Minute 18:00 – is data sourcing a strategic risk, given what they know about the workings of a firm?
Minute 20:00 – where is the data coming from?
Minute 26:00 – new assets being traded because of access to alt data?
Minute 29:00 – how to find new data sources? The challenge of finding the right person at big companies.
Minute 37:00 – price discussion.
Minute 41:00 – the decreasing value of processing public data.
Minute 44:00 – data from different geographies (China, Europe).
Minute 48:00 – roles at risk from AI (data engineering).
Minute 53:00 – Evan’s new role (BWG).
SOURCE 1: Brad Shimmin of Futurum published $1.2T Data Market by 2031: Agentic AI Replaces Data Pipelines. January 2026.
Figure 1: Data Intelligence, Analytics, and Infrastructure – 2026 Growth by Submarket.
SOURCE 2: Joe Reis published The 2026 State of Data Engineering Survey (Interactive). February 2026.
Cool interactive display here.



SOURCE 3: Christine Yen & Charity Majors shared The Next Era of Observability: Founders’ Reflections. February 2026.
“Join Honeycomb Co-founders, Christine Yen and Charity Majors, as they revisit their most controversial takes from 2016.”
This quote below struck me as interesting as this is what we are addressing at SymetryML. This type of early detection.
I’ve seen more references to Jevons Paradox in recent weeks than I have in years. I am drawn to this concept because it starts with an abundant mindset.
Jevons Paradox is an economic theory stating that as technology increases the efficiency with which a resource is used, the total consumption of that resource increases rather than decreases.

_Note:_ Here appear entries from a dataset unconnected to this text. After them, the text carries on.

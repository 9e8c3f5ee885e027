-- ===== src/Timers/Posted.antt =====
-- TimerSet: `addTimer` and `cancel` from any thread, which go through `runInLoop`.
use network_ydxlib.Base.{
  ℕ, ◌+◌, ◌≡◌, refl, sym, ap, ◌∙◌, some-inj, subst, ◌&&◌, Bool, true, false, Bool-cases, inl, inr,
  Option, none, some, List, [], ◌∷◌, ◌++◌, ◌==◌, if◌then◌else◌, arith, eq_refl,
}
use network_ydxlib.Timers.{
  Timer, TimerSet, before, insert_at, insert_entry, insert, erase_entry, put, add_timer_in_loop,
  cancel_in_loop, reset_timerfd, is_earliest,
}
use network_ydxlib.Timers.Live.{Lacks, insert-Inserted}

-- The functors that `addTimer` and `cancel` give to the loop.
pub data Request : Type 0 where
  adding cancelling : ℕ → Request

-- `waiting` are the functors that other threads queued and the loop has not called.
pub record Posted : Type 0 where
  pub set : TimerSet
  pub waiting : List Request

unfoldable pub run : Request → (now : ℕ) → TimerSet → Option TimerSet
run (adding p) now s = add_timer_in_loop p now s
run (cancelling p) now s = cancel_in_loop p s

-- `runInLoop`; `own` says whether the caller is the loop's own thread.
unfoldable pub post : (own : Bool) → Request → (now : ℕ) → Posted → Option Posted
unfolding run
post own r now q =
    if own
    then elim (run r now q.set) [ none ↦ none | some s ↦ some (record q { set = s }) ]
    else some (record q { waiting = q.waiting ++ (r ∷ []) })

-- `p` is where `new` puts the timer `t`.
unfoldable pub add_timer : (own : Bool) → ℕ → Timer → (now : ℕ) → Posted → Option Posted
unfolding post
add_timer own p t now q = post own (adding p) now (record q { set = put p (some t) q.set })

unfoldable pub cancel : (own : Bool) → ℕ → (now : ℕ) → Posted → Option Posted
unfolding post
cancel own p now q = post own (cancelling p) now q

-- The loop calls the functors in turn; `clock k` is the time when it calls the `k`th.
unfoldable pub run_each : (clock : ℕ → ℕ) → (k : ℕ) → List Request → TimerSet → Option TimerSet
unfolding run
run_each clock k [] s = some s
run_each clock k (r ∷ rs) s = elim (run r (clock k) s) [
  | none ↦ none
  | some s' ↦ run_each clock (k + 1) rs s'
]

unfoldable pub do_pending : (clock : ℕ → ℕ) → Posted → Option Posted
unfolding run_each
do_pending clock q = elim (run_each clock 0 q.waiting q.set) [
  | none ↦ none
  | some s ↦ some (record { set = s; waiting = [] })
]

before-other : (x y : ℕ × ℕ) → before y x ≡ true → ((x.0 == y.0) && (x.1 == y.1)) ≡ false
unfolding before
before-other x y e = ground (arith, e)

erase_entry-head : (x : ℕ × ℕ) (xs : List (ℕ × ℕ)) → erase_entry x (x ∷ xs) ≡ xs
unfolding erase_entry
erase_entry-head x xs = rw (eq_refl x.0, eq_refl x.1) refl

erase_entry-behind :
    (x y : ℕ × ℕ) (xs : List (ℕ × ℕ))
    → before y x ≡ true
    → erase_entry x (y ∷ xs) ≡ y ∷ erase_entry x xs
unfolding erase_entry
erase_entry-behind x y xs e = rw (before-other x y e) refl

erase_entry-insert_at :
    (x y : ℕ × ℕ) (xs ys : List (ℕ × ℕ)) (rest : Option (List (ℕ × ℕ)))
    → ((zs : List (ℕ × ℕ)) → rest ≡ some zs → erase_entry x zs ≡ xs)
    → insert_at x y xs rest ≡ some ys
    → erase_entry x ys ≡ y ∷ xs
unfolding insert_at
erase_entry-insert_at x y xs ys none back e = elim (Bool-cases (before x y)) [
  | inl a ↦
      subst (λ zs. erase_entry x zs ≡ y ∷ xs)
        (some-inj (ap (λ b. if b then some (x ∷ y ∷ xs) else none) (sym a) ∙ e))
        (erase_entry-head x (y ∷ xs))
  | inr a ↦ absurd a
]
  where
    absurd : before x y ≡ false → erase_entry x ys ≡ y ∷ xs
    absurd a = ground (arith, e, a)
erase_entry-insert_at x y xs ys (some zs) back e = elim (Bool-cases (before x y)) [
  | inl a ↦
      subst (λ us. erase_entry x us ≡ y ∷ xs)
        (some-inj (
          ap (λ b. if b then some (x ∷ y ∷ xs) else if before y x then some (y ∷ zs) else none)
            (sym a)
          ∙ e))
        (erase_entry-head x (y ∷ xs))
  | inr a ↦ elim (Bool-cases (before y x)) [
    | inl b ↦
        subst (λ us. erase_entry x us ≡ y ∷ xs) (found a b)
          (erase_entry-behind x y zs b ∙ ap (λ us. y ∷ us) (back zs refl))
    | inr b ↦ absurd a b
  ]
]
  where
    found : before x y ≡ false → before y x ≡ true → y ∷ zs ≡ ys
    found a b = ground (arith, e, a, b)

    absurd : before x y ≡ false → before y x ≡ false → erase_entry x ys ≡ y ∷ xs
    absurd a b = ground (arith, e, a, b)

-- An entry that goes in and comes out again leaves the other entries as they were.
erase_entry-insert_entry :
    (x : ℕ × ℕ) (xs ys : List (ℕ × ℕ)) → insert_entry x xs ≡ some ys → erase_entry x ys ≡ xs
unfolding insert_entry
erase_entry-insert_entry x [] ys e =
    subst (λ zs. erase_entry x zs ≡ []) (some-inj e) (erase_entry-head x [])
erase_entry-insert_entry x (y ∷ xs) ys e =
    erase_entry-insert_at x y xs ys (insert_entry x xs) (erase_entry-insert_entry x xs) e

abbrev pub and_then : Option Posted → (Posted → Option Posted) → Option Posted
and_then none f = none
and_then (some q) f = f q

-- No functor waits.
abbrev pub idle : TimerSet → Posted
idle s = record { set = s; waiting = [] }

-- Where the loop's thread cancels a timer that another thread has added, and whose functor is still in
-- the queue, the timer is deleted and the functor then uses it.
pub cancel-early :
    (p now later : ℕ) (clock : ℕ → ℕ) (t : Timer) (s : TimerSet)
    → and_then
        (and_then (add_timer false p t now (idle s)) (cancel true p later))
        (do_pending clock)
      ≡ none
unfolding add_timer cancel post run do_pending cancel_in_loop add_timer_in_loop
cancel-early p now later clock t s =
    rw (eq_refl p, do_pending, run_each, run, add_timer_in_loop, eq_refl p) refl

cancel_in_loop-put :
    (p : ℕ) (t : Timer) (s : TimerSet) (xs : List (ℕ × ℕ))
    → s.timers p ≡ some t
    → insert_entry (t.expiration, p) xs ≡ some s.container
    → (s' : TimerSet) × (cancel_in_loop p s ≡ some s') × (s'.container ≡ xs) × (s'.timers p ≡ none)
unfolding cancel_in_loop
cancel_in_loop-put p t s xs e i = (
  put p none (record s { container = erase_entry (t.expiration, p) s.container }),
  rw (cancel_in_loop, e) refl,
  erase_entry-insert_entry (t.expiration, p) xs s.container i,
  rw (eq_refl p) refl,
)

add_timer_in_loop-put :
    (p now : ℕ) (t : Timer) (s : TimerSet)
    → s.timers p ≡ some t
    → Lacks p s.container
    → (s' : TimerSet) × (add_timer_in_loop p now s ≡ some s')
      × (insert_entry (t.expiration, p) s.container ≡ some s'.container)
      × (s'.timers p ≡ some t)
unfolding add_timer_in_loop insert
add_timer_in_loop-put p now t s e l =
    let (zs, f, i) = insert-Inserted s.timers (t.expiration, p) s.container l in
    elim (Bool-cases (is_earliest t.expiration s.container)) [
      | inl a ↦ (
        reset_timerfd t.expiration now (record s { container = zs }),
        rw (add_timer_in_loop, e, insert, f, a) refl,
        f,
        e,
      )
      | inr a ↦ (record s { container = zs }, rw (add_timer_in_loop, e, insert, f, a) refl, f, e)
    ]

-- A thread that is not the loop's adds a timer and cancels it before the loop calls a functor: the
-- functors, called in turn, delete the timer and leave the entries of the set as they were.
pub cancel-posted :
    (p now later : ℕ) (clock : ℕ → ℕ) (t : Timer) (s : TimerSet)
    → Lacks p s.container
    → (s' : TimerSet) × (and_then
          (and_then (add_timer false p t now (idle s)) (cancel false p later))
          (do_pending clock)
        ≡ some (idle s'))
      × (s'.container ≡ s.container)
      × (s'.timers p ≡ none)
unfolding add_timer cancel post run do_pending run_each
cancel-posted p now later clock t s l =
    let (s1, a, i, g) =
      add_timer_in_loop-put p (clock 0) t (put p (some t) s)
        (ap (λ (b : Bool). if b then some t else s.timers p) (eq_refl p)) l in
    let (s2, c, k, n) = cancel_in_loop-put p t s1 s.container g i in
    (s2, rw (do_pending, run_each, run, a) (rw (run_each, run, c) refl), k, n)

As far back as June 2023, I’ve been seeing the parallels between what is happening with AI and the concept of Jevon’s Paradox (see here & here). I frankly have struggled to articulate these thoughts and am impressed with how well some of these visionary thinkers tell us how it will work.
Making it easier to be more productive will lead to far more things to be done and far more jobs than there are humans to do the jobs. There will be disruptions along the way, but this will be the trend over the next decade.

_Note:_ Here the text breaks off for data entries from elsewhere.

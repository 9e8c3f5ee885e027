-- ===== src/Timers/Tests.antt =====
-- TimerSet at concrete timers.
use network_ydxlib.Base.{
  true, ◌==◌, if◌then◌else◌, ℕ, ◌≡◌, ◌++◌, refl, some, none, List, [], ◌∷◌, false, arith,
}
use network_ydxlib.Timers.{
  Timer, TimerSet, add_timer_in_loop, put, reset_timerfd, before, insert, insert_at, insert_entry,
  is_earliest, cancel_in_loop, handle_read, how_much,
}
use network_ydxlib.Timers.Expiry.{IsSorted, AreDue, AreLater}
use network_ydxlib.Timers.Live.{Lacks}
use network_ydxlib.Timers.Life.{Reach, created, adds, Reach-goes_on}
use network_ydxlib.Timers.Alone.{leave_alone, addresses}
use network_ydxlib.Timers.Descriptor.{Watched, and_then, construct, destroy, Clean, destroy-Clean}
use network_ydxlib.Poller.{init}

abbrev late : Timer
late = record { expiration = 500; interval = 0; repeats = false }

-- Timers at 100, 200 and 300, of which two expire at the same time.
abbrev three : TimerSet
three = record {
  container = (20, 300) ∷ (50, 100) ∷ (50, 200) ∷ [];
  timers = λ p. none;
  alarm = none;
  ran = [];
}

how_much-late : how_much 2500100 1000000 ≡ (1, 500100000)
unfolding how_much
how_much-late = refl

three-IsSorted : IsSorted three.container
unfolding before
three-IsSorted = ((refl, (refl, tt)), ((refl, tt), (tt, tt)))

abbrev four : TimerSet
four = record three { container = (20, 300) ∷ (50, 100) ∷ (50, 200) ∷ (500, 400) ∷ [] }

insert-three : insert 400 late three ≡ some (false, four)
unfolding insert insert_entry insert_at before is_earliest
insert-three = refl

abbrev alone : TimerSet
alone = record three { container = (500, 400) ∷ []; timers = λ p. some late }

abbrev again : Timer
again = record { expiration = 20; interval = 7; repeats = true }

abbrev none_yet : TimerSet
none_yet = record { container = []; timers = λ p. none; alarm = none; ran = [] }

-- Timer 300, which repeats, has been added.
abbrev one : TimerSet
one = record {
  container = (20, 300) ∷ [];
  timers = λ p. if 300 == p then some again else none;
  alarm = some (0, 100000);
  ran = [];
}

one-added : add_timer_in_loop 300 10 (put 300 (some again) none_yet) ≡ some one
unfolding add_timer_in_loop insert insert_entry is_earliest reset_timerfd how_much
one-added = refl

Reach-goes_on_example :
    ((s' : TimerSet) × (cancel_in_loop 300 one ≡ some s') × Lacks 300 s'.container × Reach s')
    × ((due rest : List (ℕ × ℕ)) × (s' : TimerSet) × (handle_read leave_alone 30 31 one ≡ some s')
        × (due ++ rest ≡ (20, 300) ∷ [])
        × AreDue 30 due
        × AreLater 30 rest
        × (s'.ran ≡ [] ++ addresses due)
        × Reach s')
Reach-goes_on_example =
    Reach-goes_on one 300 30 31 again
      (adds 300 10 again none_yet one (created (λ p. none)) (omega arith) tt one-added) refl

destroy-Clean_example :
    (w : Watched) × (and_then
        (construct (some 9) init 4096 (λ p. none))
        (λ v. destroy (record v { set = one }))
      ≡ some w)
    × Clean 9 init one w
destroy-Clean_example =
    destroy-Clean 9 4096 init (λ p. none) one
      (adds 300 10 again none_yet one (created (λ p. none)) (omega arith) tt one-added)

Ambitious people who work 60+ hours a week will not start working 30 hours a week with better tools. They will create more.
Joe Reis: The Jevons Paradox of Software and the Ten Minute App
“As it becomes trivially easy to build, we don’t build less. We build dramatically more. Every problem that was previously ‘not worth writing software for’ suddenly is.”

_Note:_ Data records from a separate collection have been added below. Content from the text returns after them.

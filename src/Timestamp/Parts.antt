-- ===== src/Timestamp/Parts.antt =====
-- Timestamp: its seconds and microseconds.
use network_ydxlib.Base.{ℕ, ◌+◌, ◌*◌, ◌<◌, ◌≡◌, arith, ap}
use network_ydxlib.Base.Int.{ℤ, pos, negsuc, add_ℤ, scale, quot, rem, difference}
use network_ydxlib.Timestamp.{
  Timestamp, from_unix_time, seconds_since_epoch, to_string_parts, time_difference_micro,
}

-- A time made of seconds and less than a million microseconds, neither negative, gives both back,
-- in `seconds_since_epoch` and in what `to_string` prints.
pub from_unix_time-parts :
    (t u : ℕ)
    → u < 1000000
    → (seconds_since_epoch (from_unix_time (pos t) (pos u)) ≡ pos t)
      × (to_string_parts (from_unix_time (pos t) (pos u)) ≡ (pos t, pos u))
unfolding from_unix_time seconds_since_epoch to_string_parts
from_unix_time-parts t u h = ground arith

quot-rem : (z : ℤ) → add_ℤ (scale (quot z 1000000) 1000000) (rem z 1000000) ≡ z
quot-rem (pos n) = ground arith
quot-rem (negsuc n) = ground arith

-- The seconds and microseconds that `to_string` prints make up the time, before the epoch too.
pub to_string_parts_lem : (t : Timestamp) → let (s, u) = to_string_parts t in from_unix_time s u ≡ t
unfolding from_unix_time to_string_parts
to_string_parts_lem t =
    ap (λ (z : ℤ). record { micro_seconds_since_epoch = z }) (quot-rem t.micro_seconds_since_epoch)

-- The difference of two times from the epoch on is in whole milliseconds, and what is left of a
-- millisecond is dropped; it is negative only from a millisecond on.
pub time_difference_micro_lem :
    (a k r : ℕ)
    → r < 1000
    → (time_difference_micro
          (from_unix_time (pos 0) (pos (a + (1000 * k + r))))
          (from_unix_time (pos 0) (pos a))
        ≡ pos k)
      × (time_difference_micro
            (from_unix_time (pos 0) (pos a))
            (from_unix_time (pos 0) (pos (a + (1000 * k + r))))
          ≡ difference 0 k)
unfolding time_difference_micro from_unix_time
time_difference_micro_lem a k r h = ground arith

“It’s less clear that it replaces the connective tissue that holds complex organizations together.”
In my opinion the “connective tissue” moves from the systems of record to the systems of work (workflow). Everyone will try to emulate the highest productive workflow. It will be far more than just that one guy in the office who knows how to use the Bloomberg terminal better than everyone else.
Greg Rosalsky of NPR published Why the AI world is suddenly obsessed with a 160-year-old economics paradox.
“…as AI makes certain occupations more efficient, it could lead to an increase in demand for human labor, not mass layoffs.”
Stefanija Tenekedjieva Haans published The Jevons Paradox and its implications in the AI era
“The Jevons Paradox is evident here: the more efficient and accessible SaaS products become, the more companies adopt them, creating an expanded demand for custom development.”
Prateek Sharma published The Jevons Paradox In Cloud Computing: A Thermodynamics Perspective
Despite massive efficiency gains in hyperscale clouds, energy use keeps rising because efficiency fuels growth (Jevons’ Paradox holds in cloud computing).
Alexandra Sasha Luccioni From Efficiency Gains to Rebound Effects: The Problem of Jevons’ Paradox in AI’s Polarized Environmental Debate
Making AI more energy efficient will result in more AI-related energy being consumed.